From the entries, copy every line that carries the string "islast".

Stored data entries
■ ■ ■ ■
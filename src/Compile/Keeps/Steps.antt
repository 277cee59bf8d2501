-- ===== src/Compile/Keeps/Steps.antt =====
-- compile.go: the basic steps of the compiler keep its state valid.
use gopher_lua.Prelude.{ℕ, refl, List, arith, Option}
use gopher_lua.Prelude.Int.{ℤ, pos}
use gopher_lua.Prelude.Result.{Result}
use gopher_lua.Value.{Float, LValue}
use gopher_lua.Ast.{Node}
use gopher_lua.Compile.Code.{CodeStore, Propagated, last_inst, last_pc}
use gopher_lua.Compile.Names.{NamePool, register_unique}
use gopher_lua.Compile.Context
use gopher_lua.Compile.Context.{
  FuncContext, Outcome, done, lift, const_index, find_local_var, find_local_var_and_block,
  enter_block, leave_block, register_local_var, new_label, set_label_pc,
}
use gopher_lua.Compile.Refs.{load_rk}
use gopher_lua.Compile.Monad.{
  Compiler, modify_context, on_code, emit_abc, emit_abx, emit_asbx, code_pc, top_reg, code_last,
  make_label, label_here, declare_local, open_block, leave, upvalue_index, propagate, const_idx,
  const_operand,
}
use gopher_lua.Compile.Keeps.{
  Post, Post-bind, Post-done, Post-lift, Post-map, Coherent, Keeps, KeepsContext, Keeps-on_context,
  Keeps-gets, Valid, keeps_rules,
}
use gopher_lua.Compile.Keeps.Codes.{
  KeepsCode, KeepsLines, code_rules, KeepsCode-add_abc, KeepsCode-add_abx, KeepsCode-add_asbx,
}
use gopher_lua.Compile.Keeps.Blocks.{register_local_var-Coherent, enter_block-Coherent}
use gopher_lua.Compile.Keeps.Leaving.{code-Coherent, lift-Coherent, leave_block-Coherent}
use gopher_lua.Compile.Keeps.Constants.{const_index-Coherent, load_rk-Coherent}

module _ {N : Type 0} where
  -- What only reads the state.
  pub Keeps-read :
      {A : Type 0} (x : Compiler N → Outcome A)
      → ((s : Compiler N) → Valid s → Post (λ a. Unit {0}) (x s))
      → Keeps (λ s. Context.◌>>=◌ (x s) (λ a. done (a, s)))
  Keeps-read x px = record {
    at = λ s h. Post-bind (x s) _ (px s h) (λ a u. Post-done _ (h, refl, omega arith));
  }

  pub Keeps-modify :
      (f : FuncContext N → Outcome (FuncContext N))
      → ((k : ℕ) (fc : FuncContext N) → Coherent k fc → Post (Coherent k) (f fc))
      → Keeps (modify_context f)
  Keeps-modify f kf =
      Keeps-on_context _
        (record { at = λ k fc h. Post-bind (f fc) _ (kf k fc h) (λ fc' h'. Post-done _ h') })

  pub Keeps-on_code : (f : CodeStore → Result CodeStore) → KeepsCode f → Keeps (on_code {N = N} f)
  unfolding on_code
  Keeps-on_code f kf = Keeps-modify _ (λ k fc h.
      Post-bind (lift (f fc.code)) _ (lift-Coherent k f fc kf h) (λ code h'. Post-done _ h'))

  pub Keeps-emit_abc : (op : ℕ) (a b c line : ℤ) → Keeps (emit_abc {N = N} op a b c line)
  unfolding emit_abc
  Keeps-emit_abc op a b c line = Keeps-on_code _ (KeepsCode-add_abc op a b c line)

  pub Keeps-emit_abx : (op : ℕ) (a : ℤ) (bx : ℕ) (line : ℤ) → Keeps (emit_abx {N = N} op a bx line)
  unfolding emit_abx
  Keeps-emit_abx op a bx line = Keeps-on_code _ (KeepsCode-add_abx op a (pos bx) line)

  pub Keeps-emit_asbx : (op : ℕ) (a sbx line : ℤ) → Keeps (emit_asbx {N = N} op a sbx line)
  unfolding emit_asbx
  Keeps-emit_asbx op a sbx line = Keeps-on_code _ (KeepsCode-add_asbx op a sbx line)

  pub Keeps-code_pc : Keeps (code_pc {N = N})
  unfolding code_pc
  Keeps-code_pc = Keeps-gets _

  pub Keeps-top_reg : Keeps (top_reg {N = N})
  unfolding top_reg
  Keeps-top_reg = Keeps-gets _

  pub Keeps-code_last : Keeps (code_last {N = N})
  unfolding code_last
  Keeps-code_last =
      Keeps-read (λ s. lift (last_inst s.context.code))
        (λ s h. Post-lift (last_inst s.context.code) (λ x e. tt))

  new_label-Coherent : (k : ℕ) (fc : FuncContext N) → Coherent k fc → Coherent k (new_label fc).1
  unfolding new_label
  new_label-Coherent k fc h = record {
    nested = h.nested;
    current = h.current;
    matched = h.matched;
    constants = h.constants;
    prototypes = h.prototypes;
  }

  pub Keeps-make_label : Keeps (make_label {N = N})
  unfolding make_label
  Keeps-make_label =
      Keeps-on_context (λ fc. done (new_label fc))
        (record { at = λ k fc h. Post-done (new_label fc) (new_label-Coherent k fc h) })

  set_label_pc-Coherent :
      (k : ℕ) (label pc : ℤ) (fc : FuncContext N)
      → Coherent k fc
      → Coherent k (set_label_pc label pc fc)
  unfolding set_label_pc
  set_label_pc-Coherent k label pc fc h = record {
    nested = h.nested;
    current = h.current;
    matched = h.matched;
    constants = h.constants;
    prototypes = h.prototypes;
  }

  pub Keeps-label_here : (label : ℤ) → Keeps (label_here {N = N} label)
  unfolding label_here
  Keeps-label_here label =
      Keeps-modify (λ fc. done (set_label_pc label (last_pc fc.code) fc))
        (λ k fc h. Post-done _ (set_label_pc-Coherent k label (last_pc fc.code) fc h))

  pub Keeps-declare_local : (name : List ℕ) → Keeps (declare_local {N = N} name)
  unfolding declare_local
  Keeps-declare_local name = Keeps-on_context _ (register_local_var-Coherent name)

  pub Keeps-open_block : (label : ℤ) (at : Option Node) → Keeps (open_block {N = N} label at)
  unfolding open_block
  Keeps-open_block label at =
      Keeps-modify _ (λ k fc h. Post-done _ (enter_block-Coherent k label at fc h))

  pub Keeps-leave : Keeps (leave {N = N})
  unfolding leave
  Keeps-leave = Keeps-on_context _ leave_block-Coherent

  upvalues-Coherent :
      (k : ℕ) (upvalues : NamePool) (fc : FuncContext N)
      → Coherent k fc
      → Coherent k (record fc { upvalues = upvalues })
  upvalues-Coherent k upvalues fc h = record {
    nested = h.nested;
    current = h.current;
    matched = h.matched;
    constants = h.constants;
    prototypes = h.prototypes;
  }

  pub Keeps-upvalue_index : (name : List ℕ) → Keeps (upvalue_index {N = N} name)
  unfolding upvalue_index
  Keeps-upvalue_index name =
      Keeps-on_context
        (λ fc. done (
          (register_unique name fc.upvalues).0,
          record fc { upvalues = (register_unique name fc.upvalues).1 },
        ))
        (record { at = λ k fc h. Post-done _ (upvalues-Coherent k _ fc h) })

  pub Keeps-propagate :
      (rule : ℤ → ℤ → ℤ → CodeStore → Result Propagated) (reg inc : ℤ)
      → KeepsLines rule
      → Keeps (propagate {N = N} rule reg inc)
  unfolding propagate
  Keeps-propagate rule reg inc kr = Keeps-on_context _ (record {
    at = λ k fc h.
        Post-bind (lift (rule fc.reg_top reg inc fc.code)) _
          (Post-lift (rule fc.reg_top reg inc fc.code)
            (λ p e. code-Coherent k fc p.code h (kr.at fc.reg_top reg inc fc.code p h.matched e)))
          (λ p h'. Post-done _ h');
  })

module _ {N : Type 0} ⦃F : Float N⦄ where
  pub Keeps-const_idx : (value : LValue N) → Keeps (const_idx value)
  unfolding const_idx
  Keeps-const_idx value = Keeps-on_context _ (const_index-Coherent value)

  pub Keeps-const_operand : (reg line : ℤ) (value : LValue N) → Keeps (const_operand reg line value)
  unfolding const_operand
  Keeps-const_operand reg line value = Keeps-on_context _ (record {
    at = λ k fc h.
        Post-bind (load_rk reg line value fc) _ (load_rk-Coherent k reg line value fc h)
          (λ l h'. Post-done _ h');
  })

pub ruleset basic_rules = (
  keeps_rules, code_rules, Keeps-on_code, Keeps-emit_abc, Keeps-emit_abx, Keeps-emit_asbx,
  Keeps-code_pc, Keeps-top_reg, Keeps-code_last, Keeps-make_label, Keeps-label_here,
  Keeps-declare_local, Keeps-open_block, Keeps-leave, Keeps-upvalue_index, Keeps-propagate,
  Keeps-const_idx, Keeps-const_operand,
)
■ ■ ■ ■
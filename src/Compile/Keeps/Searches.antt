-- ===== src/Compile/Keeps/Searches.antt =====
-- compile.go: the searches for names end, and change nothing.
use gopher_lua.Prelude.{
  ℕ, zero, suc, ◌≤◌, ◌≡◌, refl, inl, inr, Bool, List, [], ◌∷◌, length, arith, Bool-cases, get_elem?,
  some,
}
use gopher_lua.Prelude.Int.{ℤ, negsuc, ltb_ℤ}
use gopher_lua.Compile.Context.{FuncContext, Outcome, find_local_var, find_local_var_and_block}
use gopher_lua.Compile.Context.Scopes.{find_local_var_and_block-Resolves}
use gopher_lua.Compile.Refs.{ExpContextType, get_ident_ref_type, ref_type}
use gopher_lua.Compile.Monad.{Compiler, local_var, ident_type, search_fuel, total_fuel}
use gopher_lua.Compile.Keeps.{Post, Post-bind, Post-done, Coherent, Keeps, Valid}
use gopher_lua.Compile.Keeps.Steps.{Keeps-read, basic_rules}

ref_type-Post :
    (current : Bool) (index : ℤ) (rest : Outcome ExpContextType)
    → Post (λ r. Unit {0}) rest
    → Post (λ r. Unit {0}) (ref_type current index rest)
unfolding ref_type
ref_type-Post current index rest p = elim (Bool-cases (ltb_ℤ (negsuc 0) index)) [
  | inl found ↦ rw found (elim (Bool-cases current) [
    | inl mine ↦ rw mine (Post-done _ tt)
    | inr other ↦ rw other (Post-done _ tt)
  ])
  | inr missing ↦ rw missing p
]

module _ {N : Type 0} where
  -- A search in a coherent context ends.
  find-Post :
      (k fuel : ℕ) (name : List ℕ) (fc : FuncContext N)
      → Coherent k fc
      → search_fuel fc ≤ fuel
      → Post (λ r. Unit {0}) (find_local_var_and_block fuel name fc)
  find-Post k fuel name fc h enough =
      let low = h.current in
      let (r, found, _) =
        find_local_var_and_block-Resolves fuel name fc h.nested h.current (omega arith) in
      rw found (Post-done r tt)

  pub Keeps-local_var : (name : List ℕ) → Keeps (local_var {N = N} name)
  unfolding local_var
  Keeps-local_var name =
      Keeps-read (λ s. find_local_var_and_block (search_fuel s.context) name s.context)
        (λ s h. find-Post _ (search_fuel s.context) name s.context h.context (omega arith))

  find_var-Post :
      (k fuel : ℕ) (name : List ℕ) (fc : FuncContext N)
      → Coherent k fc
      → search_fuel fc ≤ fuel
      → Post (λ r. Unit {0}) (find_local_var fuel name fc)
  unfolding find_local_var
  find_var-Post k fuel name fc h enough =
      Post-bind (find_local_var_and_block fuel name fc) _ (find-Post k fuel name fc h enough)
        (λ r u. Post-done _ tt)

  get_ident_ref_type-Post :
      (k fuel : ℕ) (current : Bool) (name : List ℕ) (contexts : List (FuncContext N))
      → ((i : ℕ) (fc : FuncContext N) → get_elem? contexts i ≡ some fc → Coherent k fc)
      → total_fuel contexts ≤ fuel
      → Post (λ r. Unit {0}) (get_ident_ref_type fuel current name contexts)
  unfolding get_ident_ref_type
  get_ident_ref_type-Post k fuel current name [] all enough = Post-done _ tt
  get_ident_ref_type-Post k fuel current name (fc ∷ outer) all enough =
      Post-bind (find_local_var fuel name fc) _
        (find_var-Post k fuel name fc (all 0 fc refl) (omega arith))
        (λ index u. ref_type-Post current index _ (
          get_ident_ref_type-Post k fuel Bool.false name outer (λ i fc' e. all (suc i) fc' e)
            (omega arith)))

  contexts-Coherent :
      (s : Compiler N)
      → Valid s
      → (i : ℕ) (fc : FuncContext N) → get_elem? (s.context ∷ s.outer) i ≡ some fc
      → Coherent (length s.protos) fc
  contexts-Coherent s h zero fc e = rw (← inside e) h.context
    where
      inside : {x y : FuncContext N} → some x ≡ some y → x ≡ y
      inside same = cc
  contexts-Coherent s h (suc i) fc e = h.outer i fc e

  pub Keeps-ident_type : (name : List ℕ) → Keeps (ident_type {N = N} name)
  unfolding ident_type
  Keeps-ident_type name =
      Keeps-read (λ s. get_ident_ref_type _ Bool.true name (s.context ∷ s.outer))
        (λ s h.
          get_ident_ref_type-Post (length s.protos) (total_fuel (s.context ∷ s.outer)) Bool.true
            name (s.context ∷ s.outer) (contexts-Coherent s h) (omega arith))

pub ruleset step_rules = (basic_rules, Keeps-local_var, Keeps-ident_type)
■ ■ ■ ■
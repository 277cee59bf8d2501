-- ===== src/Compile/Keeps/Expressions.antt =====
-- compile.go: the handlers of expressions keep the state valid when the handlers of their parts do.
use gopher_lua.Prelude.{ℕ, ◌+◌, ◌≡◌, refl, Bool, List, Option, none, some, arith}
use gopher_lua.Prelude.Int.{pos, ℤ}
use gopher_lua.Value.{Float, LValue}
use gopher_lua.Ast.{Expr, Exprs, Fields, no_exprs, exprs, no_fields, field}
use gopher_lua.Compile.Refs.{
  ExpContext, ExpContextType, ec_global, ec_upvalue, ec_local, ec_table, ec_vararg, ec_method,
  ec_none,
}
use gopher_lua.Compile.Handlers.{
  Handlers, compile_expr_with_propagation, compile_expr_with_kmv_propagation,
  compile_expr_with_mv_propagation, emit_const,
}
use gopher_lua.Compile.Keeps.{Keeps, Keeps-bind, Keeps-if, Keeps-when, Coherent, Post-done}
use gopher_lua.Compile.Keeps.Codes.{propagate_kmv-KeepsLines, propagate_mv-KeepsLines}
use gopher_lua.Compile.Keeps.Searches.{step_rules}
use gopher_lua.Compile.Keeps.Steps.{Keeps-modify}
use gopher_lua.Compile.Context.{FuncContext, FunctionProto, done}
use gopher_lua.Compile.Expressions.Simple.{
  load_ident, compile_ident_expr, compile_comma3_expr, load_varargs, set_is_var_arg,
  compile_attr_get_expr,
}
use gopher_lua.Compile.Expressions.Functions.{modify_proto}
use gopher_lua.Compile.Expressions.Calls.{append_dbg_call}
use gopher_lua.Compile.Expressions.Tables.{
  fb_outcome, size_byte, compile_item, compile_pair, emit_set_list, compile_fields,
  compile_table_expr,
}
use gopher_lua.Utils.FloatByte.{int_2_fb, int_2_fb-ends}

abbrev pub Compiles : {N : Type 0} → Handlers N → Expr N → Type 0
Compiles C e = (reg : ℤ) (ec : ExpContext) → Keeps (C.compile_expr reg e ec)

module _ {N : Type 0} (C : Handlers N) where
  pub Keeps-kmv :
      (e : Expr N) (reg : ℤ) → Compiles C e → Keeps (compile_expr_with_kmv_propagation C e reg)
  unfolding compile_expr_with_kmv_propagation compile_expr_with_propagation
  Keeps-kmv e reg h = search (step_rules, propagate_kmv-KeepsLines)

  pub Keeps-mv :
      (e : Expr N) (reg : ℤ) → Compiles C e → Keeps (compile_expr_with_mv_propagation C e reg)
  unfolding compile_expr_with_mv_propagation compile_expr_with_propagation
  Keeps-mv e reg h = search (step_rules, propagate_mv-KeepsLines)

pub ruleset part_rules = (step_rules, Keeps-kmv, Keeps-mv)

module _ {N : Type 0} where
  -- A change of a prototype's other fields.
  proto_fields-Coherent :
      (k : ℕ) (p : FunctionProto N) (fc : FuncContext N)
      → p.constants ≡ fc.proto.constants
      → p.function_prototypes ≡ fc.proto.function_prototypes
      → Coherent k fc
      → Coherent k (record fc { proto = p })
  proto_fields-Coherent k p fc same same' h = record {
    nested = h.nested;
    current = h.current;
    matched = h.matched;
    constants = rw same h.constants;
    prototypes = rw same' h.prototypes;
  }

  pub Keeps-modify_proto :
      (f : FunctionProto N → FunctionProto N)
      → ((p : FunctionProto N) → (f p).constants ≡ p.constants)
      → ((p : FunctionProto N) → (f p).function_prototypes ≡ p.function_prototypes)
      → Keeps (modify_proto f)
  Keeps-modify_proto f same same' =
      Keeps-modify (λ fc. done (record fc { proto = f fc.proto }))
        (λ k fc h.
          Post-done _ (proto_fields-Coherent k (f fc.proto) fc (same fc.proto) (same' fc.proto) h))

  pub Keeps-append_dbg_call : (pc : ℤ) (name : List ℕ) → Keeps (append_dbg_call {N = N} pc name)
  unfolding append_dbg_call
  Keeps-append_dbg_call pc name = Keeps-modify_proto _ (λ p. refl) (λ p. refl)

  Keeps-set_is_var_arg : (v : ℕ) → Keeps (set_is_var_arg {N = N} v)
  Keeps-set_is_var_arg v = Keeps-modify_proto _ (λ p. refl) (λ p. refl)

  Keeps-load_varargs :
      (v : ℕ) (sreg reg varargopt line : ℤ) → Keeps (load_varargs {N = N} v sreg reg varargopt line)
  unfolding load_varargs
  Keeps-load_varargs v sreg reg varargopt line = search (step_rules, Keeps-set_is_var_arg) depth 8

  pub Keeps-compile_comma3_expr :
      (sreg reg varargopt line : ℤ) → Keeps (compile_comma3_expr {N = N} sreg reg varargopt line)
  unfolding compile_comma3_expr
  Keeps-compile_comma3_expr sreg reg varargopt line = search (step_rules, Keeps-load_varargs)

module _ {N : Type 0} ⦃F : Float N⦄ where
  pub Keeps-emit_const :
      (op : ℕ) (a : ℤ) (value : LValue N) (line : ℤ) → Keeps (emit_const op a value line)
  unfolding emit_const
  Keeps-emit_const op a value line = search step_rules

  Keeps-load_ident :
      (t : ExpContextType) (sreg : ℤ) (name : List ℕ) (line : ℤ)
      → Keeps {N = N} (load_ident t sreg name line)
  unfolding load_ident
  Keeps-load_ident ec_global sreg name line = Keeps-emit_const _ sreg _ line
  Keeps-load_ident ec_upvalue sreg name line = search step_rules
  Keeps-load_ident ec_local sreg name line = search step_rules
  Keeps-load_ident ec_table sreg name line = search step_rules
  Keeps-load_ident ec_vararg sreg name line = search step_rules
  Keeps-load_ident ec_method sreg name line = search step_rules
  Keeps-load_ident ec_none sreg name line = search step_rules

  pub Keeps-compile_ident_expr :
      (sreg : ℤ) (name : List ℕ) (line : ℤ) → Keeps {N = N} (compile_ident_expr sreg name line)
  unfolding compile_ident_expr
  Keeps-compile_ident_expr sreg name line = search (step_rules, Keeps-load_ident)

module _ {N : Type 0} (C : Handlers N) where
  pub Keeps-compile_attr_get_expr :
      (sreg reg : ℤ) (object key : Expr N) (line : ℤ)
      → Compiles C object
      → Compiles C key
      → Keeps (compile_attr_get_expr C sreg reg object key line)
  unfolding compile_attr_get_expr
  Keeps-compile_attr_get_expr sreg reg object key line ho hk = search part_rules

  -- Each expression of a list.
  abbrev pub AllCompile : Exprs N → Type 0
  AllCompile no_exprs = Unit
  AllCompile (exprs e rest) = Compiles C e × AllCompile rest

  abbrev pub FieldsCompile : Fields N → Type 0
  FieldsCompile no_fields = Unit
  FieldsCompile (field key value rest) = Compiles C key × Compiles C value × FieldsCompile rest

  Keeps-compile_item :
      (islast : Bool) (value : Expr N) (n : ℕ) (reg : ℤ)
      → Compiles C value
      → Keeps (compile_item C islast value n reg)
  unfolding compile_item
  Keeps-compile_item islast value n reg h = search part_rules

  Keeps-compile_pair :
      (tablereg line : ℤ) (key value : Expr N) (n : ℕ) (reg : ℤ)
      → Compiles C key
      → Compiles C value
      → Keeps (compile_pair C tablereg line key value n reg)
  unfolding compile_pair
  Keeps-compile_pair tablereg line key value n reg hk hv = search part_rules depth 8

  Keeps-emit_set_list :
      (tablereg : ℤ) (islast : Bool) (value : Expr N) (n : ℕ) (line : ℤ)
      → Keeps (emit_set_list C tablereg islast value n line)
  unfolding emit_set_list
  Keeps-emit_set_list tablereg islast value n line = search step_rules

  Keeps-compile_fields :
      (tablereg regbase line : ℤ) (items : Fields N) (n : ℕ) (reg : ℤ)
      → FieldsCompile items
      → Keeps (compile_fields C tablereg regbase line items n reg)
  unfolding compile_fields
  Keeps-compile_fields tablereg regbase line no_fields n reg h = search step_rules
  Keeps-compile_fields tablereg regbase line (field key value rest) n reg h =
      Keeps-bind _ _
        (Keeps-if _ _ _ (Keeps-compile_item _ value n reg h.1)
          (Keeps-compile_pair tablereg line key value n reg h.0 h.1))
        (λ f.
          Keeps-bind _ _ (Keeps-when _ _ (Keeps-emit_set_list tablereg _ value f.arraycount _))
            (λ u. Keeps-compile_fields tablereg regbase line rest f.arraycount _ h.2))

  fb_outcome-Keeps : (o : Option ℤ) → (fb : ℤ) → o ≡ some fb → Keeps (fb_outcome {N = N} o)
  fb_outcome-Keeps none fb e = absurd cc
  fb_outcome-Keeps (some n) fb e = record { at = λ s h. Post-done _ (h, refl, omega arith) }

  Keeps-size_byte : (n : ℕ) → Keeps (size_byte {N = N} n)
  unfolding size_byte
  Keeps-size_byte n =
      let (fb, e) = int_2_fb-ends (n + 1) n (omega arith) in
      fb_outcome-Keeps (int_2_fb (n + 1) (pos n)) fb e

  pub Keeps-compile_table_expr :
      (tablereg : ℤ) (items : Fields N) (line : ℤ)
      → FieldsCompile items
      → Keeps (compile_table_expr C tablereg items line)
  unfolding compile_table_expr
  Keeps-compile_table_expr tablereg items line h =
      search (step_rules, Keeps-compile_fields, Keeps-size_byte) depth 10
■ ■ ■ ■
> SOLUTION
      (islast : Bool) (value : Expr N) (n : ℕ) (reg : ℤ)
      → Keeps (compile_item C islast value n reg)
  Keeps-compile_item islast value n reg h = search part_rules
      (tablereg : ℤ) (islast : Bool) (value : Expr N) (n : ℕ) (line : ℤ)
      → Keeps (emit_set_list C tablereg islast value n line)
  Keeps-emit_set_list tablereg islast value n line = search step_rules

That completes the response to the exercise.